-- ===== src/Scenario/Settling.antt =====
-- The add commands of src/mgmt/MosaicScenarioManager.cc against a map from ids to nodes.
use mathlib.Core.Path.{fun_ext}
use omnetpp_federate.Prelude.{
  ℕ, suc, ◌+◌, ◌≤◌, ◌≡◌, refl, ◌⊎◌, inl, inr, Option, none, some, List, [], ◌∷◌, map, length, Bool,
  true, false, arith, leb, ◌&&◌, if◌then◌else◌, Option-cases, ◌∙◌, ap, subst, sym,
}
use omnetpp_federate.Prelude.Int.{ℤ, pos, eq_ℤ, to_u32}
use omnetpp_federate.Prelude.Outcome.{
  Outcome, done, stop, Ends, Ends-mono, Ends-done, runtime_error, ◌>>=◌,
}
use omnetpp_federate.Messages.{Coord, MosaicMobilityCmd, add_nodes}
use omnetpp_federate.Channel.Interface.{Channel}
use omnetpp_federate.Scheduler.Simulation.{Kernel, Event, mobility}
use omnetpp_federate.Scheduler.{Scheduler}
use omnetpp_federate.Scenario.{Manager, Node, Creator, is_index, add_node, add_as, for_nodes}
use omnetpp_federate.Scenario.Handlers.{mobility_command, handle_message}
use omnetpp_federate.Scenario.Adding.{placed, add_node-placed}
use omnetpp_federate.Scenario.Removing.{nodes_of}

module _ {D Q : Type 0} (n : Node D Q) where
  -- The map with one more node, which is `n` connected under its id, placed and initialised.
  abbrev settle_one : ℕ → Coord D → (ℤ → Option (Node D Q)) → ℤ → Option (Node D Q)
  settle_one i p f k = if eq_ℤ k (pos i) then some (placed (pos i) p n) else f k

  abbrev settle : List ℕ → List (Coord D) → (ℤ → Option (Node D Q)) → ℤ → Option (Node D Q)
  settle [] ps f = f
  settle (i ∷ is) [] f = f
  settle (i ∷ is) (p ∷ ps) f = settle is ps (settle_one i p f)

  -- With so many gates, each id is new when its turn comes, an index of OMNeT++, no greater than the
  -- number of gates then, and has a place.
  abbrev pub can_settle : List ℕ → List (Coord D) → ℕ → (ℤ → Option (Node D Q)) → Bool
  can_settle [] ps gates f = true
  can_settle (i ∷ is) [] gates f = false
  can_settle (i ∷ is) (p ∷ ps) gates f =
      let rest = can_settle is ps (suc gates) (settle_one i p f) in
      elim (f (pos i)) [
        | none ↦ (if is_index (to_u32 (pos i)) && leb i gates then rest else false)
        | some x ↦ false
      ]

module _ {D Q S : Type 0} (create : Creator D Q) (n : Node D Q) (j : ℤ) where
  -- Of a run from `gates` gates and the nodes `f`: it settles all nodes or stops on an error.
  abbrev pub Settles :
      List ℕ → List (Coord D) → ℕ → (ℤ → Option (Node D Q)) → Outcome (Manager D Q S) → Type 0
  Settles is ps gates f o =
      ((can_settle n is ps gates f ≡ true)
        × Ends o (λ t.
          ((k : ℤ) → nodes_of t k ≡ settle n is ps f k) × (t.proxy_out ≡ gates + length is)))
      ⊎ ((can_settle n is ps gates f ≡ false) × (t : Manager D Q S) × (o ≡ stop runtime_error t))

  abbrev settling : List ℕ → List (Coord D) → Manager D Q S → Outcome (Manager D Q S)
  settling is ps s = for_nodes (add_node create) (map pos is) ps s

  module _ (i : ℕ) (is : List ℕ) (p : Coord D) (ps : List (Coord D)) (s : Manager D Q S) where
    step_to :
        (o : Outcome (Manager D Q S))
        → add_node create (pos i) p s ≡ o
        → settling (i ∷ is) (p ∷ ps) s ≡ (o >>= settling is ps)
    unfolding for_nodes
    step_to o e = ap (λ (o : Outcome (Manager D Q S)). o >>= settling is ps) e

    known_id :
        (x : Node D Q)
        → nodes_of s (pos i) ≡ some x
        → add_node create (pos i) p s ≡ stop runtime_error s
    unfolding add_node add_as
    known_id x e = rw (add_node, add_as, e) refl

    Settles-cons :
        (t : Manager D Q S)
        → nodes_of s (pos i) ≡ none
        → is_index (to_u32 (pos i)) ≡ true
        → i ≤ s.proxy_out
        → t.proxy_out ≡ suc s.proxy_out
        → ((k : ℤ) → nodes_of t k ≡ settle_one n i p (nodes_of s) k)
        → Settles is ps t.proxy_out (nodes_of t) (settling is ps t)
        → Settles (i ∷ is) (p ∷ ps) s.proxy_out (nodes_of s) (settling is ps t)
    Settles-cons t fresh near fits one_more same h = go (
        subst (λ g. Settles is ps g (settle_one n i p (nodes_of s)) (settling is ps t)) one_more
          (subst (λ f. Settles is ps t.proxy_out f (settling is ps t)) (fun_ext same) h))
      where
        within : (is_index (to_u32 (pos i)) && leb i s.proxy_out) ≡ true
        within = ground arith

        go :
            Settles is ps (suc s.proxy_out) (settle_one n i p (nodes_of s)) (settling is ps t)
            → Settles (i ∷ is) (p ∷ ps) s.proxy_out (nodes_of s) (settling is ps t)
        go (inl (can, ends)) = inl (
          rw (can_settle, fresh, within) can,
          Ends-mono _ _ (settling is ps t) ends (λ u (nodes, gates). (nodes, omega arith)),
        )
        go (inr (can, u, stopped)) = inr (rw (can_settle, fresh, within) can, u, stopped)

  for_nodes-Settles :
      (is : List ℕ) (ps : List (Coord D)) (s : Manager D Q S)
      → create s.veh_module_type ≡ some n
      → n.proxy ≡ some j
      → s.proxy_in ≡ s.proxy_out
      → Settles is ps s.proxy_out (nodes_of s) (settling is ps s)
  unfolding for_nodes
  for_nodes-Settles [] ps s known proxied even = inl (refl, (λ k. refl, omega arith))
  for_nodes-Settles (i ∷ is) [] s known proxied even = inr (refl, s, refl)
  for_nodes-Settles (i ∷ is) (p ∷ ps) s known proxied even =
      elim (Option-cases (nodes_of s (pos i))) [
        | inr (x, e) ↦ inr (
          rw (can_settle, e) refl,
          s,
          step_to i is p ps s (stop runtime_error s) (known_id i is p ps s x e),
        )
        | inl fresh ↦ elim (add_node-placed create i p s n j fresh known proxied even) [
          | inr (beyond, t, stopped) ↦
              let outside : (is_index (to_u32 (pos i)) && leb i s.proxy_out) ≡ false =
                ground arith in
              inr (
                rw (can_settle, fresh, outside) refl,
                t,
                step_to i is p ps s (stop runtime_error t) stopped,
              )
          | inl (near, fits, ends) ↦
              let (t, returned, (type, out, inward, same)) =
                Ends-done _ (add_node create (pos i) p s) ends in
              subst (Settles (i ∷ is) (p ∷ ps) s.proxy_out (nodes_of s))
                (sym (step_to i is p ps s (done t) returned))
                (Settles-cons i is p ps s t fresh near fits out same
                  (for_nodes-Settles is ps t (ap create type ∙ known) proxied (omega arith)))
        ]
      ]

module _ {D Q T F C : Type 0} (k : Kernel D T F) (ch : Channel D C) where
  -- A command to add vehicles, of a known type and with a proxy application, while there are as
  -- many incoming gates as outgoing ones. It returns if each id is new, has a place, is an index that
  -- OMNeT++ takes, and is no greater than the number of gates, which grows by one with each node; then the nodes are the old
  -- ones and the new ones, connected under their ids, placed and initialised. Else it throws a
  -- runtime error.
  pub handle_message-Settles :
      (create : Creator D Q) (e : Event D T) (cmd : MosaicMobilityCmd D)
      (s : Manager D Q (Scheduler T F C)) (n : Node D Q) (j : ℤ) (is : List ℕ)
      → e.payload ≡ mobility cmd
      → cmd.cmd_type ≡ add_nodes
      → cmd.node_id ≡ map pos is
      → create s.veh_module_type ≡ some n
      → n.proxy ≡ some j
      → s.proxy_in ≡ s.proxy_out
      → Settles create n j is cmd.position s.proxy_out (nodes_of s) (handle_message k ch create e s)
  unfolding handle_message mobility_command
  handle_message-Settles create e cmd s n j is p q ids known proxied even =
      rw (p, q, ids) (for_nodes-Settles create n j is cmd.position s known proxied even)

----------

» Exercise description:
For every line above that includes the string "cons", copy the line.

» Output of the exercise:
    Settles-cons :
    Settles-cons t fresh near fits one_more same h = go (
                (Settles-cons i is p ps s t fresh near fits out same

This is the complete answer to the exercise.